Since FTP is used to help you set up the best possible training zones, FTP should be measured whenever you believe you have had a significant or significant change in your fitness.

This means FTP testing is especially important after a long off-season or for a new rider who has just learned their abilities. A beginner cyclist should also test more frequently, as they are likely to experience faster gains. A beginner cyclist should test every 4-8 weeks to chart progress.

If you don’t test and continue to use the old training zones, you may not be challenging yourself enough. Similarly, if you detrain and use old training zones, you may be pushing yourself too hard.

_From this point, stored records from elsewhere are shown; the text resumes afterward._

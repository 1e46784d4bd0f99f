-- ===== src/Container.antt =====
-- cross-node-rental/src/workspace/container.rs: the interface of the runtimes of a workspace, which
-- one is chosen, and the runtime that refuses everything. The runtimes over Docker and over a
-- terminal are the modules below. Log lines are left out.
pub mod Docker
pub mod Pty
pub mod Detect
mod Tests
use decentralized_cc_mesh_po.Base.{
  if◌then◌else◌, Result, ok, err, ℕ, ◌||◌, Option, none, List, ◌++◌,
}
use decentralized_cc_mesh_po.Libvirt.Text.{Text, codes, text_eq, trim, to_lowercase}
use decentralized_cc_mesh_po.Libvirt.Runtime.Status.{
  ContainerStatus, created, running, stopped, removed, unknown,
}

-- `as_str` and `from_docker_status`.
unfoldable pub as_str : ContainerStatus → Text
as_str created = codes "created"
as_str running = codes "running"
as_str stopped = codes "stopped"
as_str removed = codes "removed"
as_str unknown = codes "unknown"

unfoldable pub from_docker_status : Text → ContainerStatus
from_docker_status s =
    let word = to_lowercase (trim s) in
    if text_eq word (codes "created")
    then created
    else if text_eq word (codes "running")
    then running
    else if text_eq word (codes "exited")
        || text_eq word (codes "stopped")
        || text_eq word (codes "dead")
    then stopped
    else if text_eq word (codes "removing")
    then removed
    else unknown

-- `ContainerConfig`, with the number of cores as it is shown.
pub record ContainerConfig : Type 0 where
  pub image : Text
  pub name : Option Text
  pub ram_mb : ℕ
  pub cpu_cores : Text
  pub environment : List (Text × Text)
  pub working_dir : Option Text
  pub command : Option (List Text)

-- The trait; what a runtime keeps has type `S`.
pub record ContainerRuntime (S : Type 0) : Type 0 where
  pub runtime_name : Text
  pub create_container : ContainerConfig → S → S × Result Text Text
  pub start_container : Text → S → S × Result Text (Unit {0})
  pub stop_container : Text → S → S × Result Text (Unit {0})
  pub remove_container : Text → S → S × Result Text (Unit {0})
  pub get_container_status : Text → S → S × Result Text ContainerStatus
  pub exec_in_container : Text → List Text → S → S × Result Text Text

-- The default methods of the trait.
module _ {S : Type 0} (r : ContainerRuntime S) where
  pub get_access_url : Text → S → Result Text (Option Text)
  get_access_url container_id s = ok none

  pub pause_container : Text → S → Result Text (Unit {0})
  pause_container container_id s = err (codes "pause not supported by runtime " ++ r.runtime_name)

  pub resume_container : Text → S → Result Text (Unit {0})
  resume_container container_id s = err (codes "resume not supported by runtime " ++ r.runtime_name)

abbrev no_runtime : {A : Type 0} → Unit {0} → Unit {0} × Result Text A
no_runtime s = (s, err (codes "No container runtime available"))

-- `NoopRuntime`.
abbrev pub noop : ContainerRuntime (Unit {0})
noop = record {
  runtime_name = codes "none";
  create_container = λ config s. no_runtime s;
  start_container = λ container_id s. no_runtime s;
  stop_container = λ container_id s. no_runtime s;
  remove_container = λ container_id s. no_runtime s;
  get_container_status = λ container_id s. no_runtime s;
  exec_in_container = λ container_id command s. no_runtime s;
}
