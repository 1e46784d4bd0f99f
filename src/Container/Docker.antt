-- ===== src/Container/Docker.antt =====
-- `DockerRuntime` of cross-node-rental/src/workspace/container.rs. The commands given to `docker` so
-- far are a history, the latest first, and how the last one ends is a parameter that may depend on
-- all of it.
use decentralized_cc_mesh_po.Base.{
  if◌then◌else◌, Result, ok, err, Bool, false, Option, none, some, List, [], ◌∷◌, ◌++◌,
}
use decentralized_cc_mesh_po.Libvirt.Text.{Text, codes, contains, decimal, trim}
use decentralized_cc_mesh_po.Libvirt.Host.{Output}
use decentralized_cc_mesh_po.Libvirt.Runtime.Status.{ContainerStatus, removed}
use decentralized_cc_mesh_po.Container.{from_docker_status, ContainerConfig, ContainerRuntime}

abbrev pub Commands : Type 0
Commands = List (List Text)

abbrev opt_args : Text → Option Text → List Text
opt_args flag none = []
opt_args flag (some value) = flag ∷ value ∷ []

abbrev environment_args : List (Text × Text) → List Text
environment_args [] = []
environment_args ((key, val) ∷ env) = codes "-e" ∷ (key ++ codes "=" ++ val) ∷ environment_args env

abbrev command_args : Option (List Text) → List Text
command_args none = []
command_args (some cmd) = cmd

unfoldable pub create_args : ContainerConfig → List Text
create_args config =
    codes "create" ∷ opt_args (codes "--name") config.name
    ++ codes "--memory"
      ∷ (decimal config.ram_mb ++ codes "m")
      ∷ codes "--cpus"
      ∷ config.cpu_cores
      ∷ environment_args config.environment
    ++ opt_args (codes "-w") config.working_dir
    ++ config.image ∷ command_args config.command

-- The output of a command that ended well, or the error.
unfoldable pub succeeded : Text → Result Text Output → Result Text Output
succeeded what (err e) = err (codes "Failed to execute docker " ++ what ++ codes ": " ++ e)
succeeded what (ok out) =
    if out.success
    then ok out
    else err (codes "docker " ++ what ++ codes " failed: " ++ trim out.stderr)

-- `DockerRuntime::new`: whether there is one.
unfoldable pub new_docker : Result Text Output → Bool
new_docker (ok out) = out.success
new_docker (err e) = false

abbrev pub done : Result Text Output → Result Text (Unit {0})
done (ok out) = ok tt
done (err e) = err e

abbrev pub printed : Result Text Output → Result Text Text
printed (ok out) = ok out.stdout
printed (err e) = err e

abbrev pub trimmed : Result Text Output → Result Text Text
trimmed (ok out) = ok (trim out.stdout)
trimmed (err e) = err e

-- A container that Docker does not know counts as removed.
unfoldable pub status_of : Result Text Output → Result Text ContainerStatus
status_of (err e) = err (codes "Failed to execute docker inspect: " ++ e)
status_of (ok out) =
    if out.success
    then ok (from_docker_status (trim out.stdout))
    else if contains out.stderr (codes "No such")
    then ok removed
    else err (codes "docker inspect failed: " ++ trim out.stderr)

module _ (ended : Commands → Result Text Output) where
  -- A command, and what its end comes to.
  abbrev pub docker_command :
      {A : Type 0} → List Text → (Result Text Output → A) → Commands → Commands × A
  docker_command args read h = (args ∷ h, read (ended (args ∷ h)))

  abbrev pub docker : ContainerRuntime Commands
  docker = record {
    runtime_name = codes "docker";
    create_container =
        λ config. docker_command (create_args config) (λ o. trimmed (succeeded (codes "create") o));
    start_container =
        λ id. docker_command (codes "start" ∷ id ∷ []) (λ o. done (succeeded (codes "start") o));
    stop_container = λ id.
        docker_command (codes "stop" ∷ codes "-t" ∷ codes "5" ∷ id ∷ [])
          (λ o. done (succeeded (codes "stop") o));
    remove_container = λ id.
        docker_command (codes "rm" ∷ codes "-f" ∷ id ∷ []) (λ o. done (succeeded (codes "rm") o));
    get_container_status = λ id.
        docker_command (codes "inspect" ∷ codes "--format" ∷ codes "{{.State.Status}}" ∷ id ∷ [])
          status_of;
    exec_in_container = λ id command.
        docker_command (codes "exec" ∷ id ∷ command) (λ o. printed (succeeded (codes "exec") o));
  }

A seasoned rider may not need to test as much as a beginner because big gains may be more difficult to achieve. This is a circumstance in which a very observant coach or computer can help measure and detect small gains.

Just a snapshot

It should be mentioned that FTP is only a snapshot of your fitness.

While a high FTP can make a lot of things easier in cycling, it also doesn’t paint the full picture of strengths and weaknesses. In the same way, an FTP test is your capacity in a single effort over a single day and cannot sum up all your improvements or abilities.

An athlete may be fatigued from one workout to the next and struggle to hit the numbers their FTP indicates are possible. This single snapshot is no reason to modify the FTP, re-test or panic. It is simply a data point. The best thing we can do as students of the sport is to follow the data points, notice the patterns, and rejoice in the improvement.